Keep to one stretch of the data below, the lines from the one with "-- Retention periods: 7d" up to and including the one with "seven_days = refl", and return that stretch exactly.

Segment Start: DATASET ENTRIES

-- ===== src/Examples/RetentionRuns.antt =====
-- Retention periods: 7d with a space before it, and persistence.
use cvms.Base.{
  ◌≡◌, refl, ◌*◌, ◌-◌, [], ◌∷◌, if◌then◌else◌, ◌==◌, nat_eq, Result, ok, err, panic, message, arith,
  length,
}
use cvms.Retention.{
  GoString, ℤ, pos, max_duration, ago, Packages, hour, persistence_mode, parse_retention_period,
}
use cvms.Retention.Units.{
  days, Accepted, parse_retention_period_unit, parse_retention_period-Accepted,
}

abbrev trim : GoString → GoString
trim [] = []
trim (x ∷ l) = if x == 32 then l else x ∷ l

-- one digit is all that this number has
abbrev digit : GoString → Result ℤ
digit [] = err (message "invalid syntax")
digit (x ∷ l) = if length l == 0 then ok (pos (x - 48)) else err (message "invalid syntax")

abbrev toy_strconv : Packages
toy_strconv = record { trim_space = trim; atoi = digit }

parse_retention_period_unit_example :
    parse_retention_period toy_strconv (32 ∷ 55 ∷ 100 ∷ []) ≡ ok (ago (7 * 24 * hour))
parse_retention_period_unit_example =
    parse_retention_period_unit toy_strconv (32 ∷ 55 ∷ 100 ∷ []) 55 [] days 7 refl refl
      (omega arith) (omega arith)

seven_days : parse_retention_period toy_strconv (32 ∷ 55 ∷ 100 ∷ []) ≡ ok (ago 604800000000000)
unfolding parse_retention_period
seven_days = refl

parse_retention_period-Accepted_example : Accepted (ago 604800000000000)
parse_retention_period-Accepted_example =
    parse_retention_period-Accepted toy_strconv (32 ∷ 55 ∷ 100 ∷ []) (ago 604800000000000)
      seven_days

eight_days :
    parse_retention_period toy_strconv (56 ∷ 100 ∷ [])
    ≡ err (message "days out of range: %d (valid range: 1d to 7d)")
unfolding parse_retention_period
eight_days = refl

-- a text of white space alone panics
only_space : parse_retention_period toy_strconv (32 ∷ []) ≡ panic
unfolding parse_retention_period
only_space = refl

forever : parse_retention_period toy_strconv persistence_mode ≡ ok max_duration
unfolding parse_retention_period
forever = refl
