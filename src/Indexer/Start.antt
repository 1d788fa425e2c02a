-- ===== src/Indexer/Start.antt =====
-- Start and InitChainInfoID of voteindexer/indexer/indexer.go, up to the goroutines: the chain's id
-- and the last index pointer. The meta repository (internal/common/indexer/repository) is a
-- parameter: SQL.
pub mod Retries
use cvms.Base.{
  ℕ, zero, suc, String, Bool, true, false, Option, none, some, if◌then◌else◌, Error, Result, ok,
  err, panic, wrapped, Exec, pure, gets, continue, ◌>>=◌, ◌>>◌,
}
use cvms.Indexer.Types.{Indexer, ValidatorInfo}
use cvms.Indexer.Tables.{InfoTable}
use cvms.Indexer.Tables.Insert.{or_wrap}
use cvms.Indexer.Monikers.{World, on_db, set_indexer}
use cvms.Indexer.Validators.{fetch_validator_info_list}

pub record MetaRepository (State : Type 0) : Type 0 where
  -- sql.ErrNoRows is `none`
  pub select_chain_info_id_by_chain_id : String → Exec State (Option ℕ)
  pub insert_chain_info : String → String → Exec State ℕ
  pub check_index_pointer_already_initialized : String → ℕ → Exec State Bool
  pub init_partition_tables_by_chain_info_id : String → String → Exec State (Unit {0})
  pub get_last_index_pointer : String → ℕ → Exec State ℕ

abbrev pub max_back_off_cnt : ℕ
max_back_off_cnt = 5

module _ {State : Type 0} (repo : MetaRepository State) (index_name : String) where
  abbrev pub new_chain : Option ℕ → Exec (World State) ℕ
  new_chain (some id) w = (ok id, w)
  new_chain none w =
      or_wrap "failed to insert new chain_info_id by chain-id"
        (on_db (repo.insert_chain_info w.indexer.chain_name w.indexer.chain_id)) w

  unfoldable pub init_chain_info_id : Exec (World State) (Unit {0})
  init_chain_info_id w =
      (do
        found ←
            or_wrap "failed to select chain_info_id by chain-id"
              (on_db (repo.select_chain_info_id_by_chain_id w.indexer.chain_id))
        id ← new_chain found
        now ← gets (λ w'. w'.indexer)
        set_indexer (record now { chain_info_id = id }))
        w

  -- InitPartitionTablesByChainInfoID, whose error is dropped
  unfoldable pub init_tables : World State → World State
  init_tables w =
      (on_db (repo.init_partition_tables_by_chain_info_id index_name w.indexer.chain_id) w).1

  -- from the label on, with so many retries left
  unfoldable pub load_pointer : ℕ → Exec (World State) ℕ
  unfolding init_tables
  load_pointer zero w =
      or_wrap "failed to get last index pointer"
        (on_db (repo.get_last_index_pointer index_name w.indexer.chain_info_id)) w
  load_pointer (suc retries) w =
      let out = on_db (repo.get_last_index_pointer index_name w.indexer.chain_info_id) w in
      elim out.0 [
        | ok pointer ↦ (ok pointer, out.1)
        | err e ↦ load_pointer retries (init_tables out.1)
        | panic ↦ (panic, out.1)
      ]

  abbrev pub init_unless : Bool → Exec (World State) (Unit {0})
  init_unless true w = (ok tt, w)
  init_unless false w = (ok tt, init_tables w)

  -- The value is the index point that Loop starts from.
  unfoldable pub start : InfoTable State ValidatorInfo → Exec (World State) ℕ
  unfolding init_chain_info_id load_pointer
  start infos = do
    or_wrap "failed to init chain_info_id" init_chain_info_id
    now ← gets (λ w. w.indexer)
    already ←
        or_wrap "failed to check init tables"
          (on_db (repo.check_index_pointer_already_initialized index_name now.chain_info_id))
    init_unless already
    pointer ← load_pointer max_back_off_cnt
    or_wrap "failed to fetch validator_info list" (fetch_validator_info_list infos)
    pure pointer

Segment End: DATASET ENTRIES

• _TASK OUTPUT_:
-- Retention periods: 7d with a space before it, and persistence.
use cvms.Base.{
  ◌≡◌, refl, ◌*◌, ◌-◌, [], ◌∷◌, if◌then◌else◌, ◌==◌, nat_eq, Result, ok, err, panic, message, arith,
  length,
}
use cvms.Retention.{
  GoString, ℤ, pos, max_duration, ago, Packages, hour, persistence_mode, parse_retention_period,
}
use cvms.Retention.Units.{
  days, Accepted, parse_retention_period_unit, parse_retention_period-Accepted,
}

abbrev trim : GoString → GoString
trim [] = []
trim (x ∷ l) = if x == 32 then l else x ∷ l

-- one digit is all that this number has
abbrev digit : GoString → Result ℤ
digit [] = err (message "invalid syntax")
digit (x ∷ l) = if length l == 0 then ok (pos (x - 48)) else err (message "invalid syntax")

abbrev toy_strconv : Packages
toy_strconv = record { trim_space = trim; atoi = digit }

parse_retention_period_unit_example :
    parse_retention_period toy_strconv (32 ∷ 55 ∷ 100 ∷ []) ≡ ok (ago (7 * 24 * hour))
parse_retention_period_unit_example =
    parse_retention_period_unit toy_strconv (32 ∷ 55 ∷ 100 ∷ []) 55 [] days 7 refl refl
      (omega arith) (omega arith)

seven_days : parse_retention_period toy_strconv (32 ∷ 55 ∷ 100 ∷ []) ≡ ok (ago 604800000000000)
unfolding parse_retention_period
seven_days = refl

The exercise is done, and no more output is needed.